Es la crónica de una muerte anunciada. Trump ya lo dejó entrever en su discurso en la tribuna de la Asamblea General de la ONU en Nueva York en septiembre pasado, y ya lo dejó meridianamente claro el 25 de noviembre cuando publicó su Estrategia de Seguridad Nacional. La operación en Venezuela para detener al presidente de facto del país Nicolás Maduro y a su esposa, este 3 de enero, fue la prueba más evidente de que Trump cumple algunas de sus amenazas, independientemente de lo inimaginables que nos puedan parecer a muchos.
Cómo entender la “gran” retirada estadounidense
La retirada de Estados Unidos de 66 organismos internacionales no es un simple repliegue o abandono pasivo del multilateralismo, sino que lo vemos como un misil en la línea de flotación de las instituciones que sostienen la cooperación global.
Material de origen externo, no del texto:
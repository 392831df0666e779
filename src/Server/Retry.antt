-- ===== src/Server/Retry.antt =====
-- What becomes of a request whose connection fails before it is written.
use ats_fastcgi.Common.{
  ℕ, ◌<◌, ◌≡◌, ◌≢◌, refl, ap, sym, ◌∙◌, inl, inr, ◌⊎◌, List, [], ◌∷◌, Option, none, some, Outcome,
  ok, Safe, Safe-OnOk, OnOk, OnOk->>=, OnOk-any, OnOk-Safe, arith, Bool, true, false, Bool-cases,
  subst, ◌>>=◌, length, ltb, if◌then◌else◌,
}
use ats_fastcgi.Connection.{
  ServerConnection, closed, ready, new_connection, create_fcgi_client, is_ready,
}
use ats_fastcgi.Connection.Heap.{Heap, put, load, alloc, cell-put}
use ats_fastcgi.Pool.{
  ConnectionPool, take_available, grow, get_available_connection, connection_closed,
}
use ats_fastcgi.Queue.{RequestQueue, add_to_queue}
use ats_fastcgi.Intercept.{Effect, close}
use ats_fastcgi.Connection.Address.{server_address}
use ats_fastcgi.Intercept.{client_request}
use ats_fastcgi.Server.Ownership.{IsSameRequest, create_fcgi_client-OnOk}
use ats_fastcgi.Server.{
  started, assigned, max_requests, Server, find, erase, assign, get_intercept, start_request,
  initiate_backend_connection, serve_or_queue, connect, re_connect_found, re_connect,
  close_connection, emit,
}
use ats_fastcgi.Server.Invariant.{erase-Owned}
use ats_fastcgi.Server.Events.{set_state, close_down}
use ats_fastcgi.Server.Owners.{owner_in, IsOwned, owner-put, load_lem}
use ats_fastcgi.Server.Pooling.{IsFound, get_available_connection-IsFound}

-- What is done with a connection that is read, if it is live.
load_any-OnOk :
    {A : Type 0} (P : A → Type 0) (c : ℕ) (h : Heap) (more : ServerConnection → Outcome A)
    → ((conn : ServerConnection) → h.cell c ≡ some conn → OnOk P (more conn))
    → OnOk P (load c h >>= more)
unfolding load
load_any-OnOk P c h more f = by_cell (h.cell c) refl
  where
    by_cell : (v : Option ServerConnection) → h.cell c ≡ v → OnOk P (load c h >>= more)
    by_cell none e = rw (e, load) tt
    by_cell (some conn) e = rw (e, load) (f conn e)

-- A connection keeps its request id.
abbrev pub KeepsId : ℕ → ℕ → Heap → Type 0
KeepsId c k h = owner_in h c ≡ some k

put-KeepsId :
    (c d k : ℕ) (conn conn' : ServerConnection) (h : Heap)
    → h.cell d ≡ some conn
    → conn'.request_id ≡ conn.request_id
    → KeepsId c k h
    → KeepsId c k (put d (some conn') h)
put-KeepsId c d k conn conn' h f e o = ground (arith, owner-put d c (some conn') h, f, e)

-- The same id, and the same unused memory.
abbrev IsKept : ℕ → ℕ → ℕ → Option ℕ × ConnectionPool × Heap → Type 0
IsKept c k next (found, p, h) = KeepsId c k h × (h.next ≡ next)

take_available-IsKept :
    (c k : ℕ) (av : List ℕ) (p : ConnectionPool) (h : Heap)
    → KeepsId c k h
    → OnOk (IsKept c k h.next) (take_available av p h)
unfolding take_available put
take_available-IsKept c k [] p h o = (o, refl)
take_available-IsKept c k (d ∷ av) p h o =
    load_any-OnOk (IsKept c k h.next) d h _
      (λ conn f. (put-KeepsId c d k conn (record conn { state = ready }) h f refl o, refl))

grow-KeepsId :
    (c k max_requests : ℕ) (r : Option ℕ × ConnectionPool × Heap)
    → KeepsId c k r.2
    → r.2.next ≢ c
    → KeepsId c k (grow max_requests r).2
unfolding grow alloc
grow-KeepsId c k max_requests (found, p, h) o new =
    elim (Bool-cases (ltb (length p.connections) p.max_conn)) [
      | inl room ↦
          rw room (ground (arith, owner-put h.next c (some (new_connection max_requests)) h))
      | inr full ↦ rw full o
    ]

get_available_connection-KeepsId :
    (c k max_requests : ℕ) (p : ConnectionPool) (h : Heap)
    → KeepsId c k h
    → h.next ≢ c
    → OnOk (λ r. KeepsId c k r.2) (get_available_connection max_requests p h)
unfolding get_available_connection
get_available_connection-KeepsId c k max_requests p h o new =
    OnOk->>= (IsKept c k h.next) (λ r. KeepsId c k r.2) _ (λ r. ok (grow max_requests r)) (pick _)
      (λ r (o', same). grow-KeepsId c k max_requests r o' (λ e. new (sym same ∙ e)))
  where
    pick :
        (b : Bool)
        → OnOk
            (IsKept c k h.next)
            (if b then take_available p.available_connections p h else ok (none, p, h))
    pick true = take_available-IsKept c k p.available_connections p h o
    pick false = (o, refl)

-- The request `i` has a connection under the next id, or is offered to the queue, and `c` keeps its id.
abbrev pub IsPlaced : ℕ → ℕ → ℕ → ℕ → List (ℕ × ℕ × ℕ) → RequestQueue → Server → Type 0
IsPlaced i c k id l q s' =
    KeepsId c k s'.heap
    × (((d : ℕ) × (s'.intercept_list ≡ assign id i d l) × (s'.queue ≡ q))
        ⊎ ((s'.intercept_list ≡ l) × (s'.queue ≡ (add_to_queue i q).0)))

started-IsPlaced :
    (i c k id d : ℕ) (conn : ServerConnection) (made : ServerConnection × Bool) (s : Server)
    (l : List (ℕ × ℕ × ℕ)) (q : RequestQueue)
    → s.intercept_list ≡ assign id i d l
    → s.queue ≡ q
    → KeepsId c k s.heap
    → s.heap.cell d ≡ some conn
    → made.0.request_id ≡ conn.request_id
    → IsPlaced i c k id l q (started i d made s)
unfolding put
started-IsPlaced i c k id d conn (conn', true) s l q e f o h same =
    (put-KeepsId c d k conn conn' s.heap h same o, inl (d, e, f))
started-IsPlaced i c k id d conn (conn', false) s l q e f o h same =
    (put-KeepsId c d k conn conn' s.heap h same o, inl (d, e, f))

start_request-IsPlaced :
    (i c k id d : ℕ) (b : Bool) (conn : ServerConnection) (s : Server) (l : List (ℕ × ℕ × ℕ))
    (q : RequestQueue)
    → s.intercept_list ≡ assign id i d l
    → s.queue ≡ q
    → KeepsId c k s.heap
    → s.heap.cell d ≡ some conn
    → OnOk (IsPlaced i c k id l q) (start_request b i d conn s)
unfolding start_request
start_request-IsPlaced i c k id d true conn s l q e f o h =
    let new_request = client_request s.env conn.request_id i in
    OnOk->>= (IsSameRequest conn) (IsPlaced i c k id l q) (create_fcgi_client new_request conn) _
      (create_fcgi_client-OnOk new_request conn)
      (λ made same. started-IsPlaced i c k id d conn made s l q e f o h same)
start_request-IsPlaced i c k id d false conn s l q e f o h =
    let address = server_address s.env.config in
    OnOk->>= (λ a. Unit {0}) (IsPlaced i c k id l q) address _ (OnOk-any address)
      (λ a u. (o, inl (d, e, f)))

initiate_backend_connection-IsPlaced :
    (s : Server) (i c k d : ℕ)
    → KeepsId c k s.heap
    → d ≢ c
    → OnOk (IsPlaced i c k s.next_id s.intercept_list s.queue) (initiate_backend_connection i d s)
unfolding initiate_backend_connection put
initiate_backend_connection-IsPlaced s i c k d o n =
    load_any-OnOk (IsPlaced i c k s.next_id s.intercept_list s.queue) d s.heap _ (λ conn f.
      let conn' = record conn { request_id = s.next_id } in
      start_request-IsPlaced i c k s.next_id d (is_ready conn.state) conn' (assigned i d conn' s)
        s.intercept_list s.queue refl refl (ground (arith, owner-put d c (some conn') s.heap))
        (ground (arith, cell-put d d (some conn') s.heap)))

serve_or_queue-IsPlaced :
    (s : Server) (i c k : ℕ) (r : Option ℕ × ConnectionPool × Heap)
    → 0 < k
    → KeepsId c k r.2
    → IsFound s r
    → OnOk
        (IsPlaced i c k s.next_id s.intercept_list s.queue)
        (serve_or_queue i r.0 (record s { pool = r.1; heap = r.2 }))
unfolding serve_or_queue
serve_or_queue-IsPlaced s i c k (none, p, h) n o f = (o, inr (refl, refl))
serve_or_queue-IsPlaced s i c k (some d, p, h) n o f =
    initiate_backend_connection-IsPlaced (record s { pool = p; heap = h }) i c k d o
      (λ e. let idle = f.1.0 in ground arith)

connect-IsPlaced :
    (s : Server) (i c k : ℕ)
    → 0 < k
    → IsOwned s
    → KeepsId c k s.heap
    → OnOk (IsPlaced i c k s.next_id s.intercept_list s.queue) (connect i s)
unfolding connect
connect-IsPlaced s i c k n o e =
    let found = get_available_connection (max_requests s) s.pool s.heap in
    OnOk->>= (λ r. IsFound s r × KeepsId c k r.2)
      (IsPlaced i c k s.next_id s.intercept_list s.queue) found
      (λ r. serve_or_queue i r.0 (record s { pool = r.1; heap = r.2 }))
      (OnOk-Safe _ found (
        Safe-OnOk (IsFound s) (λ r. KeepsId c k r.2) found
          (get_available_connection-IsFound s (max_requests s) o)
          (get_available_connection-KeepsId c k (max_requests s) s.pool s.heap e
            (λ new. let unused = o.unused c in ground arith))))
      (λ r (f, e'). serve_or_queue-IsPlaced s i c k r n e' f)

get_intercept-found :
    (k i c : ℕ) (s : Server) → find k s.intercept_list ≡ some (i, c) → get_intercept k s ≡ some i
unfolding get_intercept
get_intercept-found k i c s e = rw (e, get_intercept) refl

-- `reConnect`, of the request of a connection.
pub re_connect-IsPlaced :
    (s : Server) (i c k : ℕ)
    → IsOwned s
    → find k s.intercept_list ≡ some (i, c)
    → OnOk (IsPlaced i c k s.next_id (erase k s.intercept_list) s.queue) (re_connect k s)
unfolding re_connect re_connect_found
re_connect-IsPlaced s i c k o e =
    subst
      (λ v.
        OnOk (IsPlaced i c k s.next_id (erase k s.intercept_list) s.queue) (re_connect_found k v s))
      (sym (get_intercept-found k i c s e))
      (connect-IsPlaced (record s { intercept_list = erase k s.intercept_list }) i c k
        (o.ids k i c e).0 (erase-Owned o k) (o.serving k i c e))

-- The connection is deleted, and the entry of its request.
abbrev pub IsClosed : ℕ → ℕ → Server → Server → Type 0
IsClosed c k s s' =
    (s'.heap.cell c ≡ none) × (s'.intercept_list ≡ erase k s.intercept_list) × (s'.queue ≡ s.queue)

closing-IsClosed :
    (c k : ℕ) (b : Bool) (e : Effect) (s s' : Server)
    → IsClosed c k s s'
    → IsClosed c k s (if b then emit e s' else s')
closing-IsClosed c k true e s s' p = p
closing-IsClosed c k false e s s' p = p

close_connection-IsClosed :
    (s : Server) (c k : ℕ) → KeepsId c k s.heap → Safe (IsClosed c k s) (close_connection c s)
unfolding close_connection connection_closed
close_connection-IsClosed s c k e =
    let (conn, f, run, same) = load_lem c k s.heap e in
    rw run (
      closing-IsClosed c k conn.connected (close c) s _
        (ground (arith, cell-put c c none s.heap), ap (λ j. erase j s.intercept_list) same, refl))

pub close_down-IsClosed :
    (s : Server) (c k : ℕ) → KeepsId c k s.heap → Safe (IsClosed c k s) (close_down c s)
unfolding close_down set_state
close_down-IsClosed s c k e =
    let (conn, f, run, same) = load_lem c k s.heap e in
    let conn' = record conn { state = closed } in
    rw run (
      close_connection-IsClosed (record s { heap = put c (some conn') s.heap }) c k
        (put-KeepsId c c k conn conn' s.heap f refl e))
No solo se trata de salidas aisladas, sino de un intento sistemático de desacreditar y vaciar de recursos las instituciones que componen la arquitectura política, científica y financiera que ha facilitado la acción climática y sostenible desde hace décadas.
Entre los organismos de los que Estratos Unidos se desvincula están las principales organizaciones políticas y científicas de gobernanza climática, la Convención Marco de la ONU sobre el Cambio Climático y el IPCC. También están organizaciones clave para la promoción del desarrollo sostenible como UNDESA y organizaciones no onusinas que promueven el desarrollo de las energías renovable como son IRENA o REN21.
Las decisiones de Trump ya podían intuirse al escuchar con detenimiento su discurso ante la Asamblea General de la ONU en septiembre de 2025, donde calificó el cambio climático como “la mayor estafa jamás perpetrada en el mundo” y advirtió a sus homólogos en la sala “si no os alejáis de la estafa de la energía verde, vuestro país va a fracasar”.
En la Estrategia de Seguridad Nacional publicada en noviembre de 2025, la administración de Donald Trump, puso negro sobre blanco que la concertación multilateral a través de instituciones internacionales no sería su herramienta preferida sino que la fuerza y la dominación militar y económica serían las principales herramientas de una política exterior puesta al servicio del objetivo principal de su administración que es poner a “América primero” (“America First”) y “Hacer a América grande de nuevo” (“Make America Great Again”).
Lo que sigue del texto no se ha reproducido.